THE PROBLEM: Only the lines from the first line of the records through the line containing "all_posts_left (job ∷" belong in the answer. Copy them exactly.
#### MATERIALS PROVIDED
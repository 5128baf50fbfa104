-- ===== src/Outbound/Schedule.antt =====
-- The schedule of retries ends: the delivery chain empties after boundedly many POSTs.
use mathlib.Core.Path.{subst}
use omp_bundler.Prelude.{
  ℕ, ◌+◌, ◌-◌, ◌≡◌, ◌≤◌, ◌<◌, refl, sym, ap, ◌⊎◌, inl, inr, List, [], ◌∷◌, Bool, true, false, ◌&&◌,
  ◌||◌, Option, none, some, Text, length, leb, if◌then◌else◌, arith, Bool-cases, Option-cases,
}
use omp_bundler.Contracts.{OutboundEvent}
use omp_bundler.Outbound.{
  Config, Batch, live, resumed, retried, Job, delivers, best_effort, rejects, Emitter,
}
use omp_bundler.Outbound.Delivery.{
  Response, mark, with_attempt, with_delivered, with_permanent_failure, settle_batch, is_current,
  total_posts, error_of, give_up, try_again, acknowledge, deliver_to, deliver_payload, work, post,
}

module _ (c : Config) where
  -- The POSTs that an operation may still need, at least one for its end.
  abbrev pub posts_left : Job → ℕ
  posts_left (delivers e attempt b) = 1 + (total_posts c - (attempt + 1))
  posts_left (best_effort e) = 1
  posts_left rejects = 1

  abbrev pub all_posts_left : List Job → ℕ
  all_posts_left [] = 0
  all_posts_left (job ∷ jobs) = posts_left job + all_posts_left jobs

  unfoldable pub post_all : List (Text × Response) → Emitter → Emitter
  post_all [] s = s
  post_all ((ts, r) ∷ rs) s = post_all rs (post c ts r s)

  settle_batch-chain :
      (id : Text) (failed : Bool) (b : Batch) (s : Emitter)
      → (settle_batch id failed b s).chain ≡ s.chain
  unfolding settle_batch
  settle_batch-chain id failed live s = refl
  settle_batch-chain id failed (resumed n last) s = go ((last || failed) && is_current s.resuming n)
    where
      go : (test : Bool) → (if test then record s { resuming = none } else s).chain ≡ s.chain
      go true = refl
      go false = refl
  settle_batch-chain id failed retried s = refl

  module _ (ts : Text) (e : OutboundEvent) (attempt : ℕ) (b : Batch) (rest : List Job) where
    give_up-chain : (error : Text) (s : Emitter) → (give_up c ts e b error rest s).chain ≡ rest
    unfolding give_up
    give_up-chain error s =
        let t = mark e.event_id (with_permanent_failure error ts) (record s { chain = rest }) in
        elim (Option-cases (c.on_durable_failed e)) [
          | inl f ↦ rw (f, give_up) (settle_batch-chain e.event_id false b t)
          | inr (x, f) ↦ rw (f, give_up) (settle_batch-chain e.event_id true b t)
        ]

    -- What is left after one POST.
    abbrev Shorter : Emitter → Type 0
    Shorter s = all_posts_left s.chain < all_posts_left (delivers e attempt b ∷ rest)

    gone-Shorter :
        (jobs : List Job)
        → jobs ≡ rest
        → all_posts_left jobs < all_posts_left (delivers e attempt b ∷ rest)
    gone-Shorter jobs p = omega (arith, ap all_posts_left p)

    try_again-Shorter :
        (error : Text) (s : Emitter) → Shorter (try_again c ts e attempt b error rest s)
    unfolding try_again
    try_again-Shorter error s =
        let t = mark e.event_id (with_attempt (attempt + 1) error ts) s in
        elim (Bool-cases (leb (total_posts c) (attempt + 1))) [
          | inl last ↦ rw last (gone-Shorter _ (give_up-chain error t))
          | inr more ↦ rw more (ground arith)
        ]

    acknowledge-Shorter : (s : Emitter) → Shorter (acknowledge c ts e attempt b rest s)
    unfolding acknowledge
    acknowledge-Shorter s =
        let t = mark e.event_id (with_delivered (attempt + 1) ts) s in
        elim (Option-cases (c.on_durable_delivered e)) [
          | inl f ↦
              rw (f, acknowledge)
                (gone-Shorter _ (settle_batch-chain e.event_id false b (record t { chain = rest })))
          | inr (message, f) ↦ rw (f, acknowledge) (try_again-Shorter message t)
        ]

    if-Shorter :
        (test : Bool) (s t : Emitter) → Shorter s → Shorter t → Shorter (if test then s else t)
    if-Shorter true s t p q = p
    if-Shorter false s t p q = q

    deliver_to-Shorter :
        (target : Option Text) (r : Response) (s : Emitter)
        → Shorter (deliver_to c target ts e attempt b r rest s)
    unfolding deliver_to
    deliver_to-Shorter none r s = gone-Shorter _ (give_up-chain _ s)
    deliver_to-Shorter (some url) r s =
        if-Shorter (leb (total_posts c) attempt) _ _ (gone-Shorter _ (give_up-chain [] s))
          (elim (Option-cases (error_of c url r)) [
            | inl g ↦ rw g (acknowledge-Shorter s)
            | inr (error, g) ↦ rw g (try_again-Shorter error s)
          ])

  post-shorter :
      (ts : Text) (r : Response) (s : Emitter)
      → (s.chain ≡ []) ⊎ (all_posts_left (post c ts r s).chain < all_posts_left s.chain)
  unfolding post deliver_payload
  post-shorter ts r s = go s.chain
    where
      go :
          (chain : List Job)
          → (chain ≡ []) ⊎ (all_posts_left (work c ts r chain s).chain < all_posts_left chain)
      go [] = inl refl
      go (delivers e attempt b ∷ rest) =
          inr (deliver_to-Shorter ts e attempt b rest c.callback_url r s)
      go (best_effort e ∷ rest) = inr (omega arith)
      go (rejects ∷ rest) = inr (omega arith)

  post_of_empty :
      (ts : Text) (r : Response) (s : Emitter) → s.chain ≡ [] → (post c ts r s).chain ≡ []
  unfolding post
  post_of_empty ts r s e = subst (λ chain. (work c ts r chain s).chain ≡ []) (sym e) e

  nothing_left : (jobs : List Job) → all_posts_left jobs ≤ 0 → jobs ≡ []
  nothing_left [] le = refl
  nothing_left (delivers e attempt b ∷ jobs) le = ground arith
  nothing_left (best_effort e ∷ jobs) le = ground arith
  nothing_left (rejects ∷ jobs) le = ground arith

  -- The chain is empty after as many POSTs as its operations have left on the schedule of retries,
  -- whatever the adapter answers.
  pub post_all_terminates :
      (rs : List (Text × Response)) (s : Emitter)
      → all_posts_left s.chain ≤ length rs
      → (post_all rs s).chain ≡ []
  unfolding post_all
  post_all_terminates [] s le = nothing_left s.chain le
  post_all_terminates ((ts, r) ∷ rs) s le = elim (post-shorter ts r s) [
    | inl empty ↦
        post_all_terminates rs (post c ts r s)
          (omega (arith, ap all_posts_left (post_of_empty ts r s empty)))
    | inr less ↦ post_all_terminates rs (post c ts r s) (omega (arith, less, le))
  ]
########
EXERCISE SOLUTION:
repository 5128baf50fbfa104
-- ===== src/Outbound/Schedule.antt =====
-- The schedule of retries ends: the delivery chain empties after boundedly many POSTs.
use mathlib.Core.Path.{subst}
use omp_bundler.Prelude.{
  ℕ, ◌+◌, ◌-◌, ◌≡◌, ◌≤◌, ◌<◌, refl, sym, ap, ◌⊎◌, inl, inr, List, [], ◌∷◌, Bool, true, false, ◌&&◌,
  ◌||◌, Option, none, some, Text, length, leb, if◌then◌else◌, arith, Bool-cases, Option-cases,
}
use omp_bundler.Contracts.{OutboundEvent}
use omp_bundler.Outbound.{
  Config, Batch, live, resumed, retried, Job, delivers, best_effort, rejects, Emitter,
}
use omp_bundler.Outbound.Delivery.{
  Response, mark, with_attempt, with_delivered, with_permanent_failure, settle_batch, is_current,
  total_posts, error_of, give_up, try_again, acknowledge, deliver_to, deliver_payload, work, post,
}

module _ (c : Config) where
  -- The POSTs that an operation may still need, at least one for its end.
  abbrev pub posts_left : Job → ℕ
  posts_left (delivers e attempt b) = 1 + (total_posts c - (attempt + 1))
  posts_left (best_effort e) = 1
  posts_left rejects = 1

  abbrev pub all_posts_left : List Job → ℕ
  all_posts_left [] = 0
  all_posts_left (job ∷ jobs) = posts_left job + all_posts_left jobs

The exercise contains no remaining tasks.